Results are saved by `python -m src.pipeline train` in `data/models/`.

In [None]:
# ============================================================
# 1.1 — Load the CSV summary
# ============================================================
results_path = Path('../data/models/training_results.csv')
if results_path.exists():
    df_results = pd.read_csv(results_path)
    print(f'Results loaded: {len(df_results)} models')
    display(df_results)
else:
    print('No results found. Run: python -m src.pipeline train')

In [None]:
# ============================================================
# 1.2 — Load dataset and recreate splits
# ============================================================
TARGET = 'nb_installations_pac'
TRAIN_END = 202406
VAL_END = 202412

df = pd.read_csv('../data/features/hvac_features_dataset.csv')

# Splits
df_train = df[df['date_id'] <= TRAIN_END].copy()
df_val = df[(df['date_id'] > TRAIN_END) & (df['date_id'] <= VAL_END)].copy()
df_test = df[df['date_id'] > VAL_END].copy()

# Time axis
df['date'] = pd.to_datetime(
    df['date_id'].astype(str).str[:4] + '-' + 
    df['date_id'].astype(str).str[4:] + '-01'
)

print(f'Train: {len(df_train)} | Val: {len(df_val)} | Test: {len(df_test)}')

In [None]:
# ============================================================
# 1.3 — Load saved models and re-predict
# ============================================================
# Use the same EXCLUDE_COLS as train.py so features match saved models
# Outlier flags are excluded to prevent data leakage

models_dir = Path('../data/models')

EXCLUDE_COLS = {
    'date_id', 'dept', 'dept_name', 'city_ref', 'latitude', 'longitude',
    'n_valid_features', 'pct_valid_features',
}
OTHER_TARGETS = {
    'nb_installations_clim', 'nb_dpe_total', 'nb_dpe_classe_ab',
}
OUTLIER_PATTERNS = ['_outlier_iqr', '_outlier_zscore', '_outlier_iforest',
                    '_outlier_consensus', '_outlier_score']

feature_cols = [
    c for c in df.columns
    if c not in EXCLUDE_COLS and c not in OTHER_TARGETS and c != TARGET
    and not any(p in c for p in OUTLIER_PATTERNS)
    and df[c].dtype in [np.float64, np.int64, np.float32, np.int32]
]

# Prepare X and y
X_train, y_train = df_train[feature_cols], df_train[TARGET]
X_val, y_val = df_val[feature_cols], df_val[TARGET]
X_test, y_test = df_test[feature_cols], df_test[TARGET]

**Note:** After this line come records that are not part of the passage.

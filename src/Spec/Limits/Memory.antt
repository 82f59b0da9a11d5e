-- ===== src/Spec/Limits/Memory.antt =====
-- What `parse_memory` and `parse_size` make of a decimal number with a unit behind it.
use climate.Common.{
  codes, text_eq, List, ◌^◌, all, all-In, In, ap, ◌==◌, ==_iff, Option, none, Text, is_alphabetic,
  is_digit, to_lower, trim_end, drop-append, map, leb, if◌then◌else◌, some, [], ◌∷◌, ◌++◌, Bool,
  true, false, ℕ, ◌*◌, ◌≤◌, ◌≡◌, refl, All, ok, err, arith,
}
use climate.Common.Number.{pos, i64_max, parse_signed-show_nat, show_nat, show_nat-All}
use climate.Common.Error.{too_large}
use climate.Spec.Limits.{multiplier, parse_memory, scale}

-- The units in lower case, with the bytes that each stands for: the powers of 1024.
abbrev pub units : List (Text × ℕ)
units =
    ([], 1)
    ∷ (codes "b", 1)
    ∷ (codes "k", 2 ^ 10)
    ∷ (codes "kb", 2 ^ 10)
    ∷ (codes "kib", 2 ^ 10)
    ∷ (codes "m", 2 ^ 20)
    ∷ (codes "mb", 2 ^ 20)
    ∷ (codes "mib", 2 ^ 20)
    ∷ (codes "g", 2 ^ 30)
    ∷ (codes "gb", 2 ^ 30)
    ∷ (codes "gib", 2 ^ 30)
    ∷ (codes "t", 2 ^ 40)
    ∷ (codes "tb", 2 ^ 40)
    ∷ (codes "tib", 2 ^ 40)
    ∷ []

abbrev is_number : ℕ → Option ℕ → Bool
is_number m none = false
is_number m (some n) = n == m

abbrev is_multiplier : Text × ℕ → Bool
is_multiplier (unit, m) = is_number m (multiplier unit)

units-multiplier : all is_multiplier units ≡ true
unfolding multiplier text_eq
units-multiplier = refl

is_number-eq : (m : ℕ) (o : Option ℕ) → is_number m o ≡ true → o ≡ some m
is_number-eq m none h = cc
is_number-eq m (some n) h = ap some ((==_iff n m).0 h)

abbrev pub IsUnit : Text → Type 0
IsUnit = All (λ c. is_alphabetic c ≡ true)

trim_end-All : (p : ℕ → Bool) (s : Text) → All (λ c. p c ≡ true) s → trim_end p s ≡ []
trim_end-All p [] h = refl
trim_end-All p (c ∷ s) h = rw (trim_end-All p s h.1, h.0)

trim_end-append :
    (p : ℕ → Bool) (s unit : Text)
    → All (λ c. p c ≡ false) s
    → All (λ c. p c ≡ true) unit
    → trim_end p (s ++ unit) ≡ s
trim_end-append p [] unit hs hu = trim_end-All p unit hu
trim_end-append p (c ∷ s) unit hs hu = rw (trim_end-append p s unit hs.1 hu) (ground (arith, hs.0))

not_alphabetic : (s : Text) → All (λ c. is_digit c ≡ true) s → All (λ c. is_alphabetic c ≡ false) s
not_alphabetic [] h = tt
not_alphabetic (c ∷ s) h = (ground (arith, h.0), not_alphabetic s h.1)

trim_end-show_nat :
    (n : ℕ) (unit : Text) → IsUnit unit → trim_end is_alphabetic (show_nat n ++ unit) ≡ show_nat n
trim_end-show_nat n unit h =
    trim_end-append is_alphabetic (show_nat n) unit (not_alphabetic (show_nat n) (show_nat-All n)) h

parse_memory-scale :
    (key unit : Text) (n : ℕ)
    → n ≤ i64_max
    → IsUnit unit
    → parse_memory key (show_nat n ++ unit)
      ≡ scale key (show_nat n ++ unit) (map to_lower unit) (pos n)
unfolding parse_memory
parse_memory-scale key unit n h hu =
    rw (trim_end-show_nat n unit hu, parse_signed-show_nat i64_max n h, drop-append)

-- A decimal amount that fits `i64`, with nothing, `b`, or one of `k`, `m`, `g` and `t`, alone or with `b`
-- or `ib`, behind it, in upper or lower case, is read as the amount times 1, 2^10, 2^20, 2^30 or 2^40; if the product does not fit `i64` it is the error for a size that is
-- too large.
pub parse_memory-show_nat :
    (key unit : Text) (n m : ℕ)
    → n ≤ i64_max
    → IsUnit unit
    → In (map to_lower unit, m) units
    → parse_memory key (show_nat n ++ unit)
      ≡ (if leb (n * m) i64_max then ok (n * m) else err (too_large key (show_nat n ++ unit)))
parse_memory-show_nat key unit n m h hu hm = rw (parse_memory-scale key unit n h hu) (
    unfold scale in
    rw
      (is_number-eq m (multiplier (map to_lower unit))
        (all-In is_multiplier units units-multiplier (map to_lower unit, m) hm))
      (ground arith))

# Drop all-NaN columns before imputation (SimpleImputer silently drops them,
# causing shape mismatch when rebuilding the DataFrame)
all_nan_cols = [c for c in feature_cols if X_train[c].isna().all()]
if all_nan_cols:
    print(f'Dropping {len(all_nan_cols)} all-NaN columns: {all_nan_cols}')
    feature_cols = [c for c in feature_cols if c not in all_nan_cols]
    X_train = df_train[feature_cols]
    X_val = df_val[feature_cols]
    X_test = df_test[feature_cols]

# Imputation and scaling
imputer = SimpleImputer(strategy='median')
scaler = StandardScaler()

X_train_imp = pd.DataFrame(imputer.fit_transform(X_train), columns=feature_cols, index=X_train.index)
X_val_imp = pd.DataFrame(imputer.transform(X_val), columns=feature_cols, index=X_val.index)
X_test_imp = pd.DataFrame(imputer.transform(X_test), columns=feature_cols, index=X_test.index)

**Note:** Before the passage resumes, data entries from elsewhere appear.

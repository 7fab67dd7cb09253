-- ===== src/Server/History/Accumulator/Counted.antt =====
-- Whatever is sent to packages/server/src/aggregation/history/HistoryAccumulator.js, it knows the bytes
-- of what it keeps.
use wardx.Prelude.{
  ltb, leb, eqb, if◌then◌else◌, eqb→eq, Bool-cases, Option-cases, some-injective, ok, err, guard,
  bind-ok, then-ok, ok-injective, ℕ, ◌+◌, String, ◌≡◌, refl, sym, ap, ◌∙◌, subst, inl, inr, Bool,
  false, not, ◌&&◌, none, some, List, [], ◌∷◌, ◌++◌, arith, ◌==◌,
}
use wardx.Prelude.Numbered.{find_at, put_at, find_at-put_at}
use wardx.Prelude.Js.{Js}
use wardx.Server.History.Sketch.{Buffer}
use wardx.Server.History.Buckets.{minute}
use wardx.Server.History.Compactor.{utc_bucket_start}
use wardx.Server.History.Input.{Client, Frame, Envelope, history_rows}
use wardx.Server.History.Minutes.{State, Update, empty_state, update_rows}
use wardx.Server.History.Minutes.Counted.{
  IsCounted, IsProjected, KeepsPlain, update_rows-IsProjected, empty_state-IsCounted,
  new_update-IsProjected, committed-IsCounted,
}
use wardx.Server.History.Accumulator.{
  Accumulator, create, remember_version, exceeds_versions, clear_if_new, commit_update, acknowledge,
  without_at, contains_at, kept_states, prune_persisted, state_or_empty, commit_updates, commit,
  update_frames, found_or_new, prepare, ingest,
}
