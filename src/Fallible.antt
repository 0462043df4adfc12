-- ===== src/Fallible.antt =====
-- Results without a state, for `do` blocks of code that changes nothing.
use cortx_prvsnr.Prelude.{◌≡◌, refl}
use cortx_prvsnr.Exec.{Result, ok, err}

module _ {ℓ κ} {A : Type ℓ} {B : Type κ} where
  infixl 5 ◌>>=◌
  abbrev pub ◌>>=◌ : Result A → (A → Result B) → Result B
  ok x >>= next = next x
  err exc >>= next = err exc

  -- What the first part gave to the second one.
  pub >>=-ok :
      (first : Result A) (next : A → Result B) (y : B)
      → first >>= next ≡ ok y
      → (x : A) × (first ≡ ok x) × (next x ≡ ok y)
  >>=-ok (ok x) next y done = (x, refl, done)
  >>=-ok (err exc) next y done = cc
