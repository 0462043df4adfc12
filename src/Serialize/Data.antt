-- ===== src/Serialize/Data.antt =====
-- The values that the program sends between its processes.
use Prim.Native.Nat.{ℕ}
use Prim.Native.String.{String}
use mathlib.Core.Bool.{Bool}

-- An object is known by its class, with the module first, and by what its `to_args` gives.
mutual
  pub data Value : Type 0 where
    nothing : Value
    flag : Bool → Value
    count : ℕ → Value
    words : String → Value
    list : Values → Value
    dict : Entries → Value
    instance_of : String → String → Values → Entries → Value

  pub data Values : Type 0 where
    no_values : Values
    and_value : Value → Values → Values

  pub data Entries : Type 0 where
    no_entries : Entries
    entry : String → Value → Entries → Entries
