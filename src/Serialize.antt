-- ===== src/Serialize.antt =====
-- serialize.py: values as JSON trees and back.
pub mod Data
pub mod RoundTrip
pub mod Lenient
pub use Data.{Value, nothing, flag, count, words, list, dict, instance_of}
pub use Data.{Values, no_values, and_value, Entries, no_entries, entry}
use cortx_prvsnr.Prelude.{String, ◌==◌, zero, suc, Bool, true, false, if◌then◌else◌}
use cortx_prvsnr.Prelude.Text.{is_empty}
use cortx_prvsnr.Errors.{value_error, prvsnr_type_decode_error}
use cortx_prvsnr.Exec.{Result, ok, err}
use cortx_prvsnr.Fallible.{◌>>=◌}
use cortx_prvsnr.Json.{Json, null, boolean, number, text, array, object, Items, nil, cons}
use cortx_prvsnr.Json.{Fields, end, field}

abbrev pub type_key : String
type_key = "_prvsnr_type_"

-- `if args: res['args'] = args`
given_args : Values → Items → Fields → Fields
given_args no_values items rest = rest
given_args (and_value v vs) items rest = field "args" (array items) rest

given_kwargs : Entries → Fields → Fields
given_kwargs no_entries fs = end
given_kwargs (entry k v es) fs = field "kwargs" (object fs) end

-- `PrvsnrJSONEncoder`: what is no JSON value becomes a dict that names its class.
unfoldable mutual
  unfolding given_args given_kwargs

  pub encode : Value → Json
  encode nothing = null
  encode (flag b) = boolean b
  encode (count n) = number n
  encode (words s) = text s
  encode (list vs) = array (encode_all vs)
  encode (dict es) = object (encode_entries es)
  encode (instance_of m c args kwargs) = object (
      field type_key (array (cons (text m) (cons (text c) nil)))
        (given_args args (encode_all args) (given_kwargs kwargs (encode_entries kwargs))))

  pub encode_all : Values → Items
  encode_all no_values = nil
  encode_all (and_value v vs) = cons (encode v) (encode_all vs)

  pub encode_entries : Entries → Fields
  encode_entries no_entries = end
  encode_entries (entry k v es) = field k (encode v) (encode_entries es)

-- `d.get(key, default)`
unfoldable pub lookup : String → Value → Entries → Value
lookup key default no_entries = default
lookup key default (entry k v es) = lookup key (if k == key then v else default) es

-- `bool(v)`, where an object is true.
unfoldable pub is_true : Value → Bool
unfolding is_empty
is_true nothing = false
is_true (flag b) = b
is_true (count zero) = false
is_true (count (suc n)) = true
is_true (words s) = if is_empty s then false else true
is_true (list no_values) = false
is_true (list (and_value v vs)) = true
is_true (dict no_entries) = false
is_true (dict (entry k v es)) = true
is_true (instance_of m c args kwargs) = true

-- `m_name, cls_name = prvsnr_type`: what can be iterated over and has two items.
unfoldable pub pair : Value → Result (Value × Value)
pair (list (and_value m (and_value c no_values))) = ok (m, c)
pair (dict (entry m v (entry c w no_entries))) = ok (words m, words c)
pair (words (String.◌∷◌ m (String.◌∷◌ c String.[]))) =
    ok (words (String.◌∷◌ m String.[]), words (String.◌∷◌ c String.[]))
pair v = err (value_error "value for _prvsnr_type_ should be an iterable with 2 items")

-- What Python does with the names of a module and of a class in it: it imports the module, looks
-- the class up, and calls its `from_args` with `*args` and `**kwargs`.
abbrev pub Construct : Type 0
Construct = Value → Value → Value → Value → Result Value

module _ (construct : Construct) where
  -- `except Exception`: only the strict hook raises.
  decoded : Bool → Entries → Result Value → Result Value
  decoded strict es (ok v) = ok v
  decoded true es (err e) = err (prvsnr_type_decode_error "failed to decode")
  decoded false es (err e) = ok (dict es)

  -- `json_prvsnr_type_hook`
  unfoldable pub json_prvsnr_type_hook : Bool → Entries → Result Value
  unfolding lookup is_true pair decoded
  json_prvsnr_type_hook strict es =
      let prvsnr_type = lookup type_key nothing es in
      if is_true prvsnr_type
      then decoded strict es (
          pair prvsnr_type >>= λ (m, c).
          construct m c (lookup "args" (list no_values) es) (lookup "kwargs" (dict no_entries) es))
      else ok (dict es)

  -- The tree as `json.loads` goes through it with the hook.
  unfoldable mutual
    unfolding json_prvsnr_type_hook

    pub decode : Bool → Json → Result Value
    decode strict null = ok nothing
    decode strict (boolean b) = ok (flag b)
    decode strict (number n) = ok (count n)
    decode strict (text s) = ok (words s)
    decode strict (array vs) = decode_all strict vs >>= λ found. ok (list found)
    decode strict (object fs) = decode_fields strict fs >>= λ es. json_prvsnr_type_hook strict es

    pub decode_all : Bool → Items → Result Values
    decode_all strict nil = ok no_values
    decode_all strict (cons v vs) =
        decode strict v >>= λ first. decode_all strict vs >>= λ rest. ok (and_value first rest)

    pub decode_fields : Bool → Fields → Result Entries
    decode_fields strict end = ok no_entries
    decode_fields strict (field k v fs) =
        decode strict v >>= λ first. decode_fields strict fs >>= λ rest. ok (entry k first rest)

X_train_scaled = pd.DataFrame(scaler.fit_transform(X_train_imp), columns=feature_cols, index=X_train.index)
X_val_scaled = pd.DataFrame(scaler.transform(X_val_imp), columns=feature_cols, index=X_val.index)
X_test_scaled = pd.DataFrame(scaler.transform(X_test_imp), columns=feature_cols, index=X_test.index)

# Load and predict with each model
predictions = {}

# Ridge (uses scaled data)
ridge_path = models_dir / 'ridge_model.pkl'
if ridge_path.exists():
    with open(ridge_path, 'rb') as f:
        ridge_model = pickle.load(f)
    predictions['Ridge'] = {
        'val': np.clip(ridge_model.predict(X_val_scaled), 0, None),
        'test': np.clip(ridge_model.predict(X_test_scaled), 0, None),
    }
    print('Ridge loaded')

# LightGBM (uses imputed data, NOT scaled)
lgb_path = models_dir / 'lightgbm_model.pkl'
if lgb_path.exists():
    with open(lgb_path, 'rb') as f:
        lgb_model = pickle.load(f)
    predictions['LightGBM'] = {
        'val': np.clip(lgb_model.predict(X_val_imp), 0, None),
        'test': np.clip(lgb_model.predict(X_test_imp), 0, None),
    }
    print('LightGBM loaded')

print(f'\nModels loaded: {list(predictions.keys())}')
print(f'Features: {len(feature_cols)}')

---
## 2. Final comparison table

In [None]:
# ============================================================
# 2.1 — Detailed metrics per model
# ============================================================
comparison = []

for model_name, preds in predictions.items():
    row = {'Model': model_name}
    for split, y_true_arr, y_pred_arr in [
        ('Val', y_val.values, preds['val']),
        ('Test', y_test.values, preds['test']),
    ]:
        row[f'{split} RMSE'] = np.sqrt(mean_squared_error(y_true_arr, y_pred_arr))
        row[f'{split} MAE'] = mean_absolute_error(y_true_arr, y_pred_arr)
        row[f'{split} R2'] = r2_score(y_true_arr, y_pred_arr)
        # MAPE
        mask = y_true_arr > 0
        if mask.any():
            row[f'{split} MAPE (%)'] = np.mean(
                np.abs((y_true_arr[mask] - y_pred_arr[mask]) / y_true_arr[mask])
            ) * 100
    comparison.append(row)

df_comp = pd.DataFrame(comparison).round(4)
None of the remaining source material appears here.